- YOUR INSTRUCTIONS: The line containing "(put_config_lem peers dir" marks where copying starts, so set down that line and each one after it exactly, through the end of the records.

---- PROVIDED MATERIAL

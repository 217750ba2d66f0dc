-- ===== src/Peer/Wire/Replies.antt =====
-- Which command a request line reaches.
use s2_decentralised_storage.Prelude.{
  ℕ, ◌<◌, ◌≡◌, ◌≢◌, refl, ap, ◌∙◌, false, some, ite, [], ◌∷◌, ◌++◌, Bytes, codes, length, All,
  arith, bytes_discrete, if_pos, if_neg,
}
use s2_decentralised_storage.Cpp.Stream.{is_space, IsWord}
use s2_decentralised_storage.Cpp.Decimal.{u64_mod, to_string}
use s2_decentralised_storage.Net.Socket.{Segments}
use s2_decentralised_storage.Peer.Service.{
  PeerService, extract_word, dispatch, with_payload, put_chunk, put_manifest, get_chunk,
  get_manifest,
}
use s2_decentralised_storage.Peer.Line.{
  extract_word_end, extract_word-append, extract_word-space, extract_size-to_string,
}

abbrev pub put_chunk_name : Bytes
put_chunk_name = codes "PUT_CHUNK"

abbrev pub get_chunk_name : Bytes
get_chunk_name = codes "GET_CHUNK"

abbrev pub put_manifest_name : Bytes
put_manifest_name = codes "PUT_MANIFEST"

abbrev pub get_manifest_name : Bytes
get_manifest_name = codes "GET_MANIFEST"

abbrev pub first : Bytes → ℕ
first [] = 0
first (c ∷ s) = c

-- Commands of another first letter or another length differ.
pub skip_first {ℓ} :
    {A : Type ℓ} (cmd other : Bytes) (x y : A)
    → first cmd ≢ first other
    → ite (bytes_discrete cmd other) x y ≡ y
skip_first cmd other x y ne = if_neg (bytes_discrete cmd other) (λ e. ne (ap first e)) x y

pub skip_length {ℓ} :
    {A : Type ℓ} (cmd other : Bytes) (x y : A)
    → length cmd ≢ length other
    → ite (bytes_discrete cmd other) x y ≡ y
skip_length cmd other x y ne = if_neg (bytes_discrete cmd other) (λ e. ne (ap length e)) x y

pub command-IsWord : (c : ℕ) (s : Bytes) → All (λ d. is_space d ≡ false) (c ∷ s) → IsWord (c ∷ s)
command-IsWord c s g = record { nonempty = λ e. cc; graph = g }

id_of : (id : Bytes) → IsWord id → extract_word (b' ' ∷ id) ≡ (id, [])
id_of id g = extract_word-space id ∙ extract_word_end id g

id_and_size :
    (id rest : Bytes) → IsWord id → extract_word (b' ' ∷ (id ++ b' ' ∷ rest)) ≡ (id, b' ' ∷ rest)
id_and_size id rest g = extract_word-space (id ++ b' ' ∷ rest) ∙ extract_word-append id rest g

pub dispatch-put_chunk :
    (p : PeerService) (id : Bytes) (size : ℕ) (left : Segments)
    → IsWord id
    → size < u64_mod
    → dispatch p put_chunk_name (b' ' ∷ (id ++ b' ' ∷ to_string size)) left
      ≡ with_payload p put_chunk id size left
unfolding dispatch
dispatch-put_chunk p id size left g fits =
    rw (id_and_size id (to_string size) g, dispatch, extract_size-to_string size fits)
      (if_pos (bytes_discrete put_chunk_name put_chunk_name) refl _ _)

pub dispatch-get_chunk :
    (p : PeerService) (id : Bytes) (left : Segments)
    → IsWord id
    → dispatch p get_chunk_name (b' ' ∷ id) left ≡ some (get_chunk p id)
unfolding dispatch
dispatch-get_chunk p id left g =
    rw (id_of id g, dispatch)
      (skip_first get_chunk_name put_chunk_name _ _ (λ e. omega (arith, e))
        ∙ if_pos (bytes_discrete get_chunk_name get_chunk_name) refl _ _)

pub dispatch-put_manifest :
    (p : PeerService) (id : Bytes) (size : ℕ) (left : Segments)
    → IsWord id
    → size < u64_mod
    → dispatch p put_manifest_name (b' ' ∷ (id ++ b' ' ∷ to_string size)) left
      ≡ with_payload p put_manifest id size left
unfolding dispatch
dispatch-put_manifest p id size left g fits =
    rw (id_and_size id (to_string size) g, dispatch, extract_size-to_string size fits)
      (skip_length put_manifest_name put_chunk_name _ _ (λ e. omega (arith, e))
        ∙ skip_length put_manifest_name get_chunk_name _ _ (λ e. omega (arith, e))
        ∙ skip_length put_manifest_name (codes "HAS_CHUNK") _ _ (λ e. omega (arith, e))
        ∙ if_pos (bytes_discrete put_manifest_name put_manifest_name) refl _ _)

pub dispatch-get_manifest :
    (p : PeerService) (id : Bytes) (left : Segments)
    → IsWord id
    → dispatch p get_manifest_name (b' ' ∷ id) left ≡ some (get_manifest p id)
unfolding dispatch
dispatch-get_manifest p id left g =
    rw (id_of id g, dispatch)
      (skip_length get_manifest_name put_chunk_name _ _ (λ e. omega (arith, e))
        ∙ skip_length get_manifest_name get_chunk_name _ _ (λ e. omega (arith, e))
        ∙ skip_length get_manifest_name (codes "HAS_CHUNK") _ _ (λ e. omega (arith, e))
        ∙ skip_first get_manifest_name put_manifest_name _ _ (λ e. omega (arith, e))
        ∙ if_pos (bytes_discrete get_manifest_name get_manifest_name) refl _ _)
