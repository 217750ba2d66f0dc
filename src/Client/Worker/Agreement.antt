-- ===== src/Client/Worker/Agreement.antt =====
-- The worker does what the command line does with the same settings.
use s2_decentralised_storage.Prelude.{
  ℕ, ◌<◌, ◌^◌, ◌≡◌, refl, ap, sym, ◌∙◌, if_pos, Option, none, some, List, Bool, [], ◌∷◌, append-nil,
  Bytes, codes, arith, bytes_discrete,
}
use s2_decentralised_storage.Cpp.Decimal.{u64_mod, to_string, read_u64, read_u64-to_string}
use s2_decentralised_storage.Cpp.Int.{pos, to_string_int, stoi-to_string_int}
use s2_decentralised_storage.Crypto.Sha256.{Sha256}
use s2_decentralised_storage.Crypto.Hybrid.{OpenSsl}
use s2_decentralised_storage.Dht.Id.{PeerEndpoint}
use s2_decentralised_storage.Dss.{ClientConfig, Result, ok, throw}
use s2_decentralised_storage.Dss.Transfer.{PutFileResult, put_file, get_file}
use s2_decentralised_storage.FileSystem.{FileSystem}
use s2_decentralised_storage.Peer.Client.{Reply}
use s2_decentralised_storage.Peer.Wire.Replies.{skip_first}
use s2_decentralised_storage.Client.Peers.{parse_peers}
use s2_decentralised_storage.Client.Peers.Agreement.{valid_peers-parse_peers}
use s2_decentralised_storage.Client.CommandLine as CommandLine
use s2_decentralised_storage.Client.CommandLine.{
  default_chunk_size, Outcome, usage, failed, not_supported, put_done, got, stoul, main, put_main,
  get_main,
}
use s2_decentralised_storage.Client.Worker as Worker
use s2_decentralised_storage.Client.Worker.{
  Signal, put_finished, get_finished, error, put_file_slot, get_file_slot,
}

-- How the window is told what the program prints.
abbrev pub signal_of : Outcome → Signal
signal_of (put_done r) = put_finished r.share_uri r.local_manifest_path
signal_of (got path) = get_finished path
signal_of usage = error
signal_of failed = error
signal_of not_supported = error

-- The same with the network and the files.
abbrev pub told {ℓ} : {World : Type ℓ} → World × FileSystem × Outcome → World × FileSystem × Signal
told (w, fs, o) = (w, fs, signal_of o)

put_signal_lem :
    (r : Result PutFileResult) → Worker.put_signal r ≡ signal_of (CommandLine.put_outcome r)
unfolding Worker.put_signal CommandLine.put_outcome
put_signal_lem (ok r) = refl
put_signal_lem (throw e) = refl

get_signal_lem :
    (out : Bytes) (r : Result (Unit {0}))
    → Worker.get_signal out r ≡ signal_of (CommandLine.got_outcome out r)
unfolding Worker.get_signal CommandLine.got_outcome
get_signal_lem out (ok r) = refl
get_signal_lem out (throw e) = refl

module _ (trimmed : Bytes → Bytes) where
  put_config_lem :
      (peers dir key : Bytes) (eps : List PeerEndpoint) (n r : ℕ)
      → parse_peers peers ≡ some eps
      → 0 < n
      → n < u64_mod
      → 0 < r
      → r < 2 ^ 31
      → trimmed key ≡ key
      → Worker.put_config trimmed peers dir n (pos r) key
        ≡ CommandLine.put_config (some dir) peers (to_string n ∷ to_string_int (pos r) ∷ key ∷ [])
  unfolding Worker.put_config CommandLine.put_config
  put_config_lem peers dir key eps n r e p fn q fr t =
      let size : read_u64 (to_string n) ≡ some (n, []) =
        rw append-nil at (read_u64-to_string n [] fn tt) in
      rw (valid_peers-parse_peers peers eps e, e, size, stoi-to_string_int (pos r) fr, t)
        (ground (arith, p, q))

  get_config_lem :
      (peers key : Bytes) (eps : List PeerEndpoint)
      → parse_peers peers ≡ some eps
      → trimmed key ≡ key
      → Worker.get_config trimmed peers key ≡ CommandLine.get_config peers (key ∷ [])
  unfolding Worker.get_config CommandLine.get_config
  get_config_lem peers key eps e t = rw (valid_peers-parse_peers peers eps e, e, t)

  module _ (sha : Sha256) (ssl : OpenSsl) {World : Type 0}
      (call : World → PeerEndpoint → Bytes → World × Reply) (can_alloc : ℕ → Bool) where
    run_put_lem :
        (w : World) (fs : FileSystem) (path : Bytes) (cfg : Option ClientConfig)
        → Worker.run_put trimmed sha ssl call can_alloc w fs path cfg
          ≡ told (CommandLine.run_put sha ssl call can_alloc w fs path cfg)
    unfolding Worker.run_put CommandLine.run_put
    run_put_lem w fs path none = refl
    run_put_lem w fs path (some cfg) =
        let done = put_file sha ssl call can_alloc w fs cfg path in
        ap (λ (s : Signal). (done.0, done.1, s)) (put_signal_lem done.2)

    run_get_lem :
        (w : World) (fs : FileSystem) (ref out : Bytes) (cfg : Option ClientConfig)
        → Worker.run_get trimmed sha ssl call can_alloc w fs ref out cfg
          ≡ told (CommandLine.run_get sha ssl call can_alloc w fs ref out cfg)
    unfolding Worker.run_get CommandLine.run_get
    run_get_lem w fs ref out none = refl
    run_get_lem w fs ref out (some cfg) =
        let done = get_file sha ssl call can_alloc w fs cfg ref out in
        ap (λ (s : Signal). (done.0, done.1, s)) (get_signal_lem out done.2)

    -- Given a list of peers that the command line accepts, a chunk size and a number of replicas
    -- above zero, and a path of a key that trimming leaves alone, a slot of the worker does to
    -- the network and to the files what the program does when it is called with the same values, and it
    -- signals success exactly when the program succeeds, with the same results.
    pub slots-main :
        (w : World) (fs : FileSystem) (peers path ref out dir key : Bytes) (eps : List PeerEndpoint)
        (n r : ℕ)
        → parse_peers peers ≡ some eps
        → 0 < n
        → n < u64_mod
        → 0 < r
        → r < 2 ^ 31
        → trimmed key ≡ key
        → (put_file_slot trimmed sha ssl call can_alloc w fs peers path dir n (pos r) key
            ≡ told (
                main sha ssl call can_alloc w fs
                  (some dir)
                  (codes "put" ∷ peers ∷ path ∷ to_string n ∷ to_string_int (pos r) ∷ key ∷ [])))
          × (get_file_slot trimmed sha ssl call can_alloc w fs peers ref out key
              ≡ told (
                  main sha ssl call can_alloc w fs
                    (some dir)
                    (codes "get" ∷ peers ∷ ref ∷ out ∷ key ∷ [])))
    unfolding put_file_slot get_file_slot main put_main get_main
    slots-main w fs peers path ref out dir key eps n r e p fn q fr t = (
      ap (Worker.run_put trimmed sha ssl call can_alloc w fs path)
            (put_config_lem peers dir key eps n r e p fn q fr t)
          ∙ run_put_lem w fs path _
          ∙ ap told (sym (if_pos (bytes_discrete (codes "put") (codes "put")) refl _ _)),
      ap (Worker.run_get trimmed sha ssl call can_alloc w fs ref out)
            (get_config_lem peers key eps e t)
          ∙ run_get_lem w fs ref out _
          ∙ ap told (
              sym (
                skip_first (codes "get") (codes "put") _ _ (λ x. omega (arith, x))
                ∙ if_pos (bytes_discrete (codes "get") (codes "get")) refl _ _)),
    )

--------

- THE COMPLETED TASK:
            (put_config_lem peers dir key eps n r e p fn q fr t)
          ∙ run_put_lem w fs path _
          ∙ ap told (sym (if_pos (bytes_discrete (codes "put") (codes "put")) refl _ _)),
      ap (Worker.run_get trimmed sha ssl call can_alloc w fs ref out)
            (get_config_lem peers key eps e t)
          ∙ run_get_lem w fs ref out _
          ∙ ap told (
              sym (
                skip_first (codes "get") (codes "put") _ _ (λ x. omega (arith, x))
                ∙ if_pos (bytes_discrete (codes "get") (codes "get")) refl _ _)),
    )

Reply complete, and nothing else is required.